# !Qué bruja eres!



## Cecília Meloni

Estoy totalmente perdida. ? En qué situación se dice esto ? ? A qué equivale esta expresión en portugués ?


----------



## Mangato

Depende mucho del contexto.  En sentido amistoso, algo así como ¡_que traviesa eres_! o ¡_eres tremenda_!  Como insulto sería decir esre una persona muy mala y peligrosa, pero en mi opinión diríamos _*eres una bruja*_ y no *que bruja eres*.


----------



## coquis14

Es fácil de explicar : ¡Qué mala eres!.Como dijo *Mangato* , es una forma amistosa de decirlo.
Saludos


----------



## Vanda

Mais ou menos como nosso: você é uma bruxinha!


----------



## Cecília Meloni

Mil disculpas.  La expresión es !qué bruta eres! Lo vi en "Todo sobre mi madre" y no sé cómo explicarla.


----------



## coquis14

Conhece ao "Chaves"? , lembra-se que todos na vizinhança dizem isso pra ele.
Saudações


----------



## Cecília Meloni

Perdona, pero no veo "Chaves". ? Se usa cuando una persona es inconveniente en sus comentarios ?


----------



## coquis14

No , cuando hace comentarios ignorantes o no deduce facilmente cosas simples.¿Le diste una mirada al diccionario?

Saludos


----------



## Laura26

!qué bruta eres! se le dice eso a una persona, cuando se equivoca en algo asociandolo a que fue por ignorancia. Se usa esa frase en el lenguaje informal, entre personas que se tiene confianza, como amigos por ejemplo.


----------



## Laura26

voy a pensar alguna situación como ejemplo y después te la escribo...besos


----------



## Mangato

Cecília Meloni said:


> Mil disculpas. La expresión es !qué bruta eres! Lo vi en "Todo sobre mi madre" y no sé cómo explicarla.


 
Totalmente diferente


Puede ser que ignorante eres, o, aunque no recuerdo la escena,  que forma tan grosera de expresarte tienes.

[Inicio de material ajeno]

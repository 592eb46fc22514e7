-- ===== src/Server/Invariant/Requests.antt =====
-- net/server.rs: the task of each request, for the consistency of the server.
use rust_data_broker.Prelude.{
  Bool, ℕ, Bool, ◌≡◌, inl, inr, true, Option, none, some, List, Outcome, ok, err, panic,
  Option-cases, Bool-cases, ltb, leb, drop,
}
use rust_data_broker.Memory.{Memory}
use rust_data_broker.Queue.State.{Queue}
use rust_data_broker.Queue.Ops
use rust_data_broker.Queue.Locks
use rust_data_broker.Queue.Config.{NetQueueConfig, ConfigError, net_config_from_be_bytes}
use rust_data_broker.Queue.Payloads.{get_next_biggest_payload}
use rust_data_broker.Queue.Invariant.{Inv}
use rust_data_broker.Queue.Invariant.Delivery.{enqueue-Inv, lock_to_read-Inv}
use rust_data_broker.Queue.Invariant.Removal.{dequeue-Inv}
use rust_data_broker.Queue.Invariant.Release.{
  unlock-Inv, requeue-Inv, update_message-Inv, update_config-Inv,
}
use rust_data_broker.Server.Wire.{
  Request, enqueue, dequeue, create_q, delete_q, list_m, delete_m, requeue, update_m, update_q,
  net_stats,
}
use rust_data_broker.Server.Frame.{Frame, size_factor}
use rust_data_broker.Server.State.{Server, Name}
use rust_data_broker.Server.Handlers.{
  message_id_of, handle_enqueue, handle_dequeue, handle_create_q, handle_delete_q, handle_list_m,
  handle_delete_m, shrink_locked_size, acknowledge, handle_succeeded, handle_failed, auto_unlock,
}
use rust_data_broker.Server.Updates.{
  handle_requeue, handle_update_m, set_auto_fail_if, set_fail_timeout_if, apply_config, configure,
  handle_update_q, handle_net_stats,
}
use rust_data_broker.Server.Dispatch.{Surroundings, observed, run_command, handle_frame}
use rust_data_broker.Server.Invariant.Names.{with_queue-IsConsistent, without_queue-IsConsistent}
use rust_data_broker.Server.Invariant.{
  IsConsistent, queue_at, hash_of, put_queue-IsConsistent, memory-IsConsistent, get_queue_cases,
  on_queue-IsConsistent,
}

pub biggest-Inv : (q : Queue) → Inv q → Inv (get_next_biggest_payload q).0
unfolding get_next_biggest_payload
biggest-Inv q v = assumption

pub shrink-Inv : (m : Memory) (q : Queue) (size : ℕ) → Inv q → Inv (shrink_locked_size m q size).1
unfolding shrink_locked_size get_next_biggest_payload
shrink-Inv m q size v = elim (Bool-cases (leb m.locked_size (size_factor size))) [
  | inl h ↦ rw h (biggest-Inv q v)
  | inr h ↦ rw h v
]

set_auto_fail_if-Inv : (o : Option Bool) (q : Queue) → Inv q → Inv (set_auto_fail_if o q)
set_auto_fail_if-Inv none q v = v
set_auto_fail_if-Inv (some b) q v = (update_config-Inv q b 0 v).0

set_fail_timeout_if-Inv : (o : Option ℕ) (q : Queue) → Inv q → Inv (set_fail_timeout_if o q)
set_fail_timeout_if-Inv none q v = v
set_fail_timeout_if-Inv (some t) q v = (update_config-Inv q true t v).1

apply_config-Inv : (c : NetQueueConfig) (q : Queue) → Inv q → Inv (apply_config c q)
unfolding apply_config
apply_config-Inv c q v =
    set_fail_timeout_if-Inv c.fail_timeout _ (set_auto_fail_if-Inv c.auto_fail q v)

module _ (s : Server) (k : IsConsistent s) where
  enqueue-IsConsistent :
      (n : Name) (client size : ℕ) (payload : List ℕ) (now : ℕ)
      → IsConsistent (handle_enqueue s n client size payload now).0
  unfolding handle_enqueue
  enqueue-IsConsistent n client size payload now = on_queue-IsConsistent s n _ k λ hash q v.
      put_queue-IsConsistent _ hash _ (enqueue-Inv q payload client now v)
        (memory-IsConsistent s _ k)

  dequeue-IsConsistent :
      (n : Name) (client : ℕ) (is_written : Bool)
      → IsConsistent (handle_dequeue s n client is_written).0
  unfolding handle_dequeue
  dequeue-IsConsistent n client is_written =
      on_queue-IsConsistent s n _ k
        λ hash q v. put_queue-IsConsistent s hash _ (lock_to_read-Inv q client v) k

  delete_m-IsConsistent :
      (n : Name) (client size : ℕ) (payload : List ℕ)
      → IsConsistent (handle_delete_m s n client size payload).0
  unfolding handle_delete_m
  delete_m-IsConsistent n client size payload = on_queue-IsConsistent s n _ k λ hash q v.
      elim (Bool-cases (ltb size 16)) [
        | inl h ↦ rw h k
        | inr h ↦ rw h (
            put_queue-IsConsistent s hash _ (dequeue-Inv q client (some (message_id_of payload)) v)
              k)
      ]

  acknowledge-IsConsistent :
      (hash : ℕ) (q r : Queue) (done : Outcome _ ℕ)
      → Inv r
      → IsConsistent (acknowledge s hash q (r, done)).0
  unfolding acknowledge
  acknowledge-IsConsistent hash q r (ok size) v =
      put_queue-IsConsistent _ hash _ (shrink-Inv s.memory r size v) (memory-IsConsistent s _ k)
  acknowledge-IsConsistent hash q r (err e) v = put_queue-IsConsistent s hash r v k
  acknowledge-IsConsistent hash q r panic v = put_queue-IsConsistent s hash r v k

  succeeded-IsConsistent : (n : Name) (client : ℕ) → IsConsistent (handle_succeeded s n client).0
  unfolding handle_succeeded
  succeeded-IsConsistent n client = elim (get_queue_cases s n k) [
    | inl (hash, q, _, there, e) ↦
        rw (e, handle_succeeded)
          (acknowledge-IsConsistent hash q (Ops.dequeue q client none).0
            (Ops.dequeue q client none).1 (dequeue-Inv q client none (k.queues hash q there)))
    | inr (_, e) ↦ rw (e, handle_succeeded) k
  ]

  failed-IsConsistent : (n : Name) (client : ℕ) → IsConsistent (handle_failed s n client).0
  unfolding handle_failed
  failed-IsConsistent n client =
      on_queue-IsConsistent s n _ k
        λ hash q v. put_queue-IsConsistent s hash _ (unlock-Inv q client none v) k

  requeue-IsConsistent :
      (n : Name) (client size : ℕ) (payload : List ℕ) (now : ℕ)
      → IsConsistent (handle_requeue s n client size payload now).0
  unfolding handle_requeue
  requeue-IsConsistent n client size payload now = on_queue-IsConsistent s n _ k λ hash q v.
      elim (Bool-cases (ltb size 16)) [
        | inl h ↦ rw h k
        | inr h ↦
            rw h (
              put_queue-IsConsistent s hash _ (requeue-Inv q client (message_id_of payload) now v)
                k)
      ]

  update_m-IsConsistent :
      (n : Name) (size : ℕ) (payload : List ℕ) → IsConsistent (handle_update_m s n size payload).0
  unfolding handle_update_m
  update_m-IsConsistent n size payload = elim (Bool-cases (ltb size 16)) [
    | inl h ↦ rw h k
    | inr h ↦ rw h (
        on_queue-IsConsistent s n _ k λ hash q v.
          put_queue-IsConsistent s hash _
            (update_message-Inv q (message_id_of payload) (drop 16 payload) v) k)
  ]

  update_q-IsConsistent :
      (n : Name) (size : ℕ) (payload : List ℕ) → IsConsistent (handle_update_q s n size payload).0
  unfolding handle_update_q
  update_q-IsConsistent n size payload = on_queue-IsConsistent s n _ k λ hash q v.
      elim (Bool-cases (ltb size 1)) [
        | inl h ↦ rw h k
        | inr h ↦ rw h (configured hash q v (net_config_from_be_bytes payload))
      ]
    where
      configured :
          (hash : ℕ) (q : Queue)
          → Inv q
          → (o : Outcome ConfigError (NetQueueConfig × ℕ)) → IsConsistent (configure s hash q o).0
      configured hash q v (ok (c, size)) =
          put_queue-IsConsistent s hash _ (apply_config-Inv c q v) k
      configured hash q v (err e) = k
      configured hash q v panic = k

  list_m-IsConsistent : (n : Name) → IsConsistent (handle_list_m s n).0
  unfolding handle_list_m
  list_m-IsConsistent n = elim (get_queue_cases s n k) [
    | inl (hash, q, _, there, e) ↦ rw (e, handle_list_m) k
    | inr (_, e) ↦ rw (e, handle_list_m) k
  ]

  create_q-IsConsistent :
      (n : Name) (hash : ℕ) → queue_at hash s ≡ none → IsConsistent (handle_create_q s n hash).0
  unfolding handle_create_q
  create_q-IsConsistent n hash fresh = elim (Option-cases (hash_of n s)) [
    | inr (old, e) ↦ rw (e, handle_create_q) k
    | inl e ↦ rw (e, handle_create_q) (with_queue-IsConsistent s n hash k fresh)
  ]

  delete_q-IsConsistent : (n : Name) → IsConsistent (handle_delete_q s n).0
  unfolding handle_delete_q
  delete_q-IsConsistent n = elim (Option-cases (hash_of n s)) [
    | inl e ↦ rw (e, handle_delete_q) k
    | inr (hash, e) ↦ rw (e, handle_delete_q) (without_queue-IsConsistent s n hash k e)
  ]

  pub auto_unlock-IsConsistent : (hash client id : ℕ) → IsConsistent (auto_unlock s hash client id)
  unfolding auto_unlock
  auto_unlock-IsConsistent hash client id = elim (Option-cases (queue_at hash s)) [
    | inl e ↦ rw (e, auto_unlock) k
    | inr (q, e) ↦ elim (Bool-cases (Locks.is_locked q client id)) [
      | inl h ↦
          rw (e, auto_unlock, h)
            (put_queue-IsConsistent s hash _ (unlock-Inv q client (some id) (k.queues hash q e)) k)
      | inr h ↦ rw (e, auto_unlock, h) k
    ]
  ]

  -- Whatever the request, and with a uuid under which there is no queue yet.
  run_command-IsConsistent :
      (f : Frame) (e : Surroundings)
      → queue_at e.new_hash s ≡ none
      → IsConsistent (run_command f.command s f e).0
  unfolding handle_net_stats run_command handle_enqueue
  run_command-IsConsistent f e fresh = by_command f.command
    where
      by_command : (c : Request) → IsConsistent (run_command c s f e).0
      by_command enqueue =
          enqueue-IsConsistent f.queue_name f.client_id f.payload_size f.payload e.now
      by_command dequeue = dequeue-IsConsistent f.queue_name f.client_id e.is_written
      by_command create_q = create_q-IsConsistent f.queue_name e.new_hash fresh
      by_command delete_q = delete_q-IsConsistent f.queue_name
      by_command list_m = list_m-IsConsistent f.queue_name
      by_command delete_m = delete_m-IsConsistent f.queue_name f.client_id f.payload_size f.payload
      by_command Request.succeeded = succeeded-IsConsistent f.queue_name f.client_id
      by_command Request.failed = failed-IsConsistent f.queue_name f.client_id
      by_command requeue =
          requeue-IsConsistent f.queue_name f.client_id f.payload_size f.payload e.now
      by_command update_m = update_m-IsConsistent f.queue_name f.payload_size f.payload
      by_command update_q = update_q-IsConsistent f.queue_name f.payload_size f.payload
      by_command net_stats = k

pub handle_frame-IsConsistent :
    (s : Server) (k : IsConsistent s) (f : Frame) (e : Surroundings)
    → queue_at e.new_hash s ≡ none
    → IsConsistent (handle_frame s f e).0
unfolding handle_frame
handle_frame-IsConsistent s k f e fresh =
    run_command-IsConsistent (observed s e) (memory-IsConsistent s _ k) f e fresh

En este caso bruta es sinónimo e vulgar


----------



## olivinha

Acho que "bruta" em espanhol também pode ser traduzido como desajeitada (quando não tem jeito para, ou não sabe, fazer certa coisa), estabanada, desastrada, etc.
O que acha, Mangato?


----------



## Naticruz

Yo creo que además de estúpida, también lo puede ser grosera, ruda o tosca, por su falta de buenas maneras en el trato con los demás. ¿Estaré correcta?

Saludos


----------



## Mangato

olivinha said:


> Acho que "bruta" em espanhol também pode ser traduzido como desajeitada (quando não tem jeito para, ou não sabe, fazer certa coisa), estabanada, desastrada, etc.
> O que acha, Mangato?


 

Sim, é assim Oli.  _Bruta _é uma pessoa grossa, besta, sem jeito.

Sugiro uma olhadinha ao DRAE

Cumprimentos,


----------